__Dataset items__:
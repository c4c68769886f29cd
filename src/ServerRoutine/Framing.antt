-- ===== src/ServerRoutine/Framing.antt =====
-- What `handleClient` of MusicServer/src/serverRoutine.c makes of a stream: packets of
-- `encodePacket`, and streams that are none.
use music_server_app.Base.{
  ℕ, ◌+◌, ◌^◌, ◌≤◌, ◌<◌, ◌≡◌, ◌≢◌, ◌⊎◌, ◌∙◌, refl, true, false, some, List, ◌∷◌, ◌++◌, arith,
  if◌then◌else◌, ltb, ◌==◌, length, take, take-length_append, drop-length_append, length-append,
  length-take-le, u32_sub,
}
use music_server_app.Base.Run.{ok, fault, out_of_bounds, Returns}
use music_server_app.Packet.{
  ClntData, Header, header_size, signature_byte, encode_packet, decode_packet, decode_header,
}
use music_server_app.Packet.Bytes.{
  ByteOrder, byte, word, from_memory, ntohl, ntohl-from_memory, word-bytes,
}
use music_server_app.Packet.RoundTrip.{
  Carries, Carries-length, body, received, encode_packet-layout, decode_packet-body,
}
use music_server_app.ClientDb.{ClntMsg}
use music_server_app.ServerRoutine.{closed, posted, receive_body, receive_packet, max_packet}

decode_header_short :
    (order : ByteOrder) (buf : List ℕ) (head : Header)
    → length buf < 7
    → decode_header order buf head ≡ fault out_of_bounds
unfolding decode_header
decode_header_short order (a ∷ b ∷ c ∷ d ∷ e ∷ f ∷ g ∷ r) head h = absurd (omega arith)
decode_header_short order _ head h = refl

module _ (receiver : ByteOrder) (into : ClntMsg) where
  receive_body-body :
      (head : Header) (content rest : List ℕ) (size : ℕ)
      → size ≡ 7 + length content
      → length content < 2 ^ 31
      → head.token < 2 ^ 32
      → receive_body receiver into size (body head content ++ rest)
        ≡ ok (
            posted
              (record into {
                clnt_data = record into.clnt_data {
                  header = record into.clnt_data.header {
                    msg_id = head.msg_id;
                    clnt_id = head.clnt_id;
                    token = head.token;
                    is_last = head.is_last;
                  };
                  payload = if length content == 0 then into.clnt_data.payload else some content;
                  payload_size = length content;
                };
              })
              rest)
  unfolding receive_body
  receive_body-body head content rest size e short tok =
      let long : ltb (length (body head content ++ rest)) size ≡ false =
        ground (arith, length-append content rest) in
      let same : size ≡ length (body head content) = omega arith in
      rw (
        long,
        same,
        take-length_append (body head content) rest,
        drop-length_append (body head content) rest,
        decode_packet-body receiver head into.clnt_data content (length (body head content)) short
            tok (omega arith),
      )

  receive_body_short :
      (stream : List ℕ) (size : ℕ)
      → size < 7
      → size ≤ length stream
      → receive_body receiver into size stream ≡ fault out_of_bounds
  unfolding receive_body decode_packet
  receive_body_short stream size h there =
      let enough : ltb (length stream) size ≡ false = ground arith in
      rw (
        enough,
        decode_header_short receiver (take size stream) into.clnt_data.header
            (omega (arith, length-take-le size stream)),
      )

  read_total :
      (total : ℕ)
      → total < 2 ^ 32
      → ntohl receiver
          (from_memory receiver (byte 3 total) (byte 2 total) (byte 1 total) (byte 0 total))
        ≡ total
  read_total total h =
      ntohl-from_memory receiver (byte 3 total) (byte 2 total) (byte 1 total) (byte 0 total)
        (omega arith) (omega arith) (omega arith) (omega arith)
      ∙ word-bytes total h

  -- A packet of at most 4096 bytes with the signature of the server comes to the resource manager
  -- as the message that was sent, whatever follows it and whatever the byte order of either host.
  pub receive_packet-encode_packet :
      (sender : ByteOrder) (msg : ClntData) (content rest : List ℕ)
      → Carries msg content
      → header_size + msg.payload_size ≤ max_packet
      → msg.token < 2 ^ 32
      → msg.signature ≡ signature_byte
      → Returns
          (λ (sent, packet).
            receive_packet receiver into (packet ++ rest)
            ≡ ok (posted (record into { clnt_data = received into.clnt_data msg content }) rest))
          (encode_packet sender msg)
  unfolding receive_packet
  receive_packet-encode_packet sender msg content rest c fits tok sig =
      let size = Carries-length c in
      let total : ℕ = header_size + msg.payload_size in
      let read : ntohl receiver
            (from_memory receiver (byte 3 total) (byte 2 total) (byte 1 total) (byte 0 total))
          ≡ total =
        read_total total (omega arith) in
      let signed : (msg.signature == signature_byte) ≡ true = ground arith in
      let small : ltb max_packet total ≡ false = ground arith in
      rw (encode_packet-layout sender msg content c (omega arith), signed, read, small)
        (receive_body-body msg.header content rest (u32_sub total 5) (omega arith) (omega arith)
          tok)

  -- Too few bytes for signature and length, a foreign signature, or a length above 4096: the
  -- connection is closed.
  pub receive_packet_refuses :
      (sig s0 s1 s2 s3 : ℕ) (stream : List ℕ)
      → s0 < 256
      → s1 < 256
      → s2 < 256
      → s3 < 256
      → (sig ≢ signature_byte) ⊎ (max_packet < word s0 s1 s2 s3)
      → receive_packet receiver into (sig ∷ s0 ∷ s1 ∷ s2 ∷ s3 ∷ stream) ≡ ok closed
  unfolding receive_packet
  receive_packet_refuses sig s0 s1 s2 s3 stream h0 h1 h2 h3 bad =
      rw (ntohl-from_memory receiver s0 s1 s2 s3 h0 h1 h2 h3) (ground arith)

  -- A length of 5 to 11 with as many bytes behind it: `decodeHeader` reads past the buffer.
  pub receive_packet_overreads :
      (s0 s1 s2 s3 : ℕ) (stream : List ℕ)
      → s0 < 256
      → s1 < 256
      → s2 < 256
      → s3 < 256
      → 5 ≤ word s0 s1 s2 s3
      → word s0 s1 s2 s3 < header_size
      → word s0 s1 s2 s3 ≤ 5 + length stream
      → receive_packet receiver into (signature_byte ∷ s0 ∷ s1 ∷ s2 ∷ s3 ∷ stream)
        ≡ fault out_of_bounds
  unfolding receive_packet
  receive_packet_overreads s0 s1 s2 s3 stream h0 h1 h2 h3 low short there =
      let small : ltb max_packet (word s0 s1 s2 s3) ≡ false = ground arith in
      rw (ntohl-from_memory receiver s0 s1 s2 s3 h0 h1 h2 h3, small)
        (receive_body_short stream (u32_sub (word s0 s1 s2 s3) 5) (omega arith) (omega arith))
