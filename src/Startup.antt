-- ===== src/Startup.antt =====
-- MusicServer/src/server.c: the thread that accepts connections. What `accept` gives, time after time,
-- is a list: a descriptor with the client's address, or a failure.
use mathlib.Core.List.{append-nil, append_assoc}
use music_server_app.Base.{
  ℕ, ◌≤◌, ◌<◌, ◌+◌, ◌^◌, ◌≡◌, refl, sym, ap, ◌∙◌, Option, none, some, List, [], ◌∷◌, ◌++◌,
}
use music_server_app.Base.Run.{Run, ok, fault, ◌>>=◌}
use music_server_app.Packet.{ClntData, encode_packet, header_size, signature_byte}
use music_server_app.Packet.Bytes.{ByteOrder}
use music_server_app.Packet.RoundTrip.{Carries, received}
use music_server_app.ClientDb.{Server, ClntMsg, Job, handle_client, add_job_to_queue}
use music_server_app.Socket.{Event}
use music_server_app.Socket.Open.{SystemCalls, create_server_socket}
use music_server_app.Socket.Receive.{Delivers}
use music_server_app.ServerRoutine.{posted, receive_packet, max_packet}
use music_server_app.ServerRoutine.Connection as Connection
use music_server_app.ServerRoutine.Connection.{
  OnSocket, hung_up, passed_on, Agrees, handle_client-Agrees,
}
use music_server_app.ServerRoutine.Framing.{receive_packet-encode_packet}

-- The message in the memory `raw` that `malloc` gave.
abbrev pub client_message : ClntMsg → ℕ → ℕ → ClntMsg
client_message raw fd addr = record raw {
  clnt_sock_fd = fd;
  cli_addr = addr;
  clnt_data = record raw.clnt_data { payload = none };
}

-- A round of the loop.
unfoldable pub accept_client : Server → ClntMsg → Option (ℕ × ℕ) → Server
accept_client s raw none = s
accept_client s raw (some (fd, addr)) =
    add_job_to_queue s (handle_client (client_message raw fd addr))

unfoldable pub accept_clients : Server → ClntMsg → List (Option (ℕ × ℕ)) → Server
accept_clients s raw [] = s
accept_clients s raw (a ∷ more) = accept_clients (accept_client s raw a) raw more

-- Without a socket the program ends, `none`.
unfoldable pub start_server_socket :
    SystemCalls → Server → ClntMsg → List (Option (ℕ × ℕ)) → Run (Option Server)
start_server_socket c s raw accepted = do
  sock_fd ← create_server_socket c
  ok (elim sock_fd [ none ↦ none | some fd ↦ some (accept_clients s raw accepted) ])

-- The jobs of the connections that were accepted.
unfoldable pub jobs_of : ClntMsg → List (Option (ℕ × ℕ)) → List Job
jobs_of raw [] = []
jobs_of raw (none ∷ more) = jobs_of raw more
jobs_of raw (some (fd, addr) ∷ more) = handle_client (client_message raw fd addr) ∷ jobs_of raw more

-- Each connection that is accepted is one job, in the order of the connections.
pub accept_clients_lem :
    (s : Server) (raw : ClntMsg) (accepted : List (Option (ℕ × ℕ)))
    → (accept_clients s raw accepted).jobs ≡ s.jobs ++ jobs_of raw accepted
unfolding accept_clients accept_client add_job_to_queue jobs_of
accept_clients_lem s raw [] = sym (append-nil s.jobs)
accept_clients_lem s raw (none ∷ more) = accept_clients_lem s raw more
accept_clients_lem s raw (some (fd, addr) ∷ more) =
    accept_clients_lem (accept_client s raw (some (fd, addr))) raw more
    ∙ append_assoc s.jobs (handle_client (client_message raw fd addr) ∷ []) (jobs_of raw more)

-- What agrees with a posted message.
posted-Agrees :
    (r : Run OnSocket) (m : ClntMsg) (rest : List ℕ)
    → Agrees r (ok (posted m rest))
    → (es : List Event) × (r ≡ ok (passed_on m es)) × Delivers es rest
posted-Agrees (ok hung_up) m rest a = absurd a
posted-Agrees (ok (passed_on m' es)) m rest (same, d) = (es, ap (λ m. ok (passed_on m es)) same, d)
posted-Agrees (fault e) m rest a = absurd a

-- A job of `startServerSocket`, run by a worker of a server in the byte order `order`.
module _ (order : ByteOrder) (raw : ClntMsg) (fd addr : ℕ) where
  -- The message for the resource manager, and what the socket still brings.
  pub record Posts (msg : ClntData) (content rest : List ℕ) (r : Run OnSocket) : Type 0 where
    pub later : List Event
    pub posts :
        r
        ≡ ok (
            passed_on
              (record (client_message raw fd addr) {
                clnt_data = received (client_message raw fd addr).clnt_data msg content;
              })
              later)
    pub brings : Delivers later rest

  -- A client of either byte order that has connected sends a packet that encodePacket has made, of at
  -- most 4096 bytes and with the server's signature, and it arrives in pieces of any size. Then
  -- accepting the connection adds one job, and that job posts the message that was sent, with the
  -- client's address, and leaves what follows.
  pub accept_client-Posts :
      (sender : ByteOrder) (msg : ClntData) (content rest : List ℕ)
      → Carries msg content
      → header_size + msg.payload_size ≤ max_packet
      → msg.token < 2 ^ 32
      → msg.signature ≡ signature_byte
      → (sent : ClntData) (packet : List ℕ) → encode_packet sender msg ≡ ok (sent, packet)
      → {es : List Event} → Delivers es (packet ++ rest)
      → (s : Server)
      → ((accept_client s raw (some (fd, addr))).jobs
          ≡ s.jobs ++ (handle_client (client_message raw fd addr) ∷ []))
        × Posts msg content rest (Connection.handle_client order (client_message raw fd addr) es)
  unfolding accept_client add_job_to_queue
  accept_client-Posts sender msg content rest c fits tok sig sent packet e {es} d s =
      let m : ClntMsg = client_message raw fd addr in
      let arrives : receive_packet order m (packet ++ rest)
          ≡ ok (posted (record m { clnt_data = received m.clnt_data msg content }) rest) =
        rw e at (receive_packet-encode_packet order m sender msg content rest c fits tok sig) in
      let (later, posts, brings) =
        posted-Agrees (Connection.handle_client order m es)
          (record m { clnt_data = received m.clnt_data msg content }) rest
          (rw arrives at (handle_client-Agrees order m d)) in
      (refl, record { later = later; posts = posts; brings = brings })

__Task instructions__:
Set down exactly the lines of the data above, beginning with the line that has "header = record" and ending with the line that has "let long : ltb", and no others.

__Response to this exercise__:
                  header = record into.clnt_data.header {
                    msg_id = head.msg_id;
                    clnt_id = head.clnt_id;
                    token = head.token;
                    is_last = head.is_last;
                  };
                  payload = if length content == 0 then into.clnt_data.payload else some content;
                  payload_size = length content;
                };
              })
              rest)
  unfolding receive_body
  receive_body-body head content rest size e short tok =
      let long : ltb (length (body head content ++ rest)) size ≡ false =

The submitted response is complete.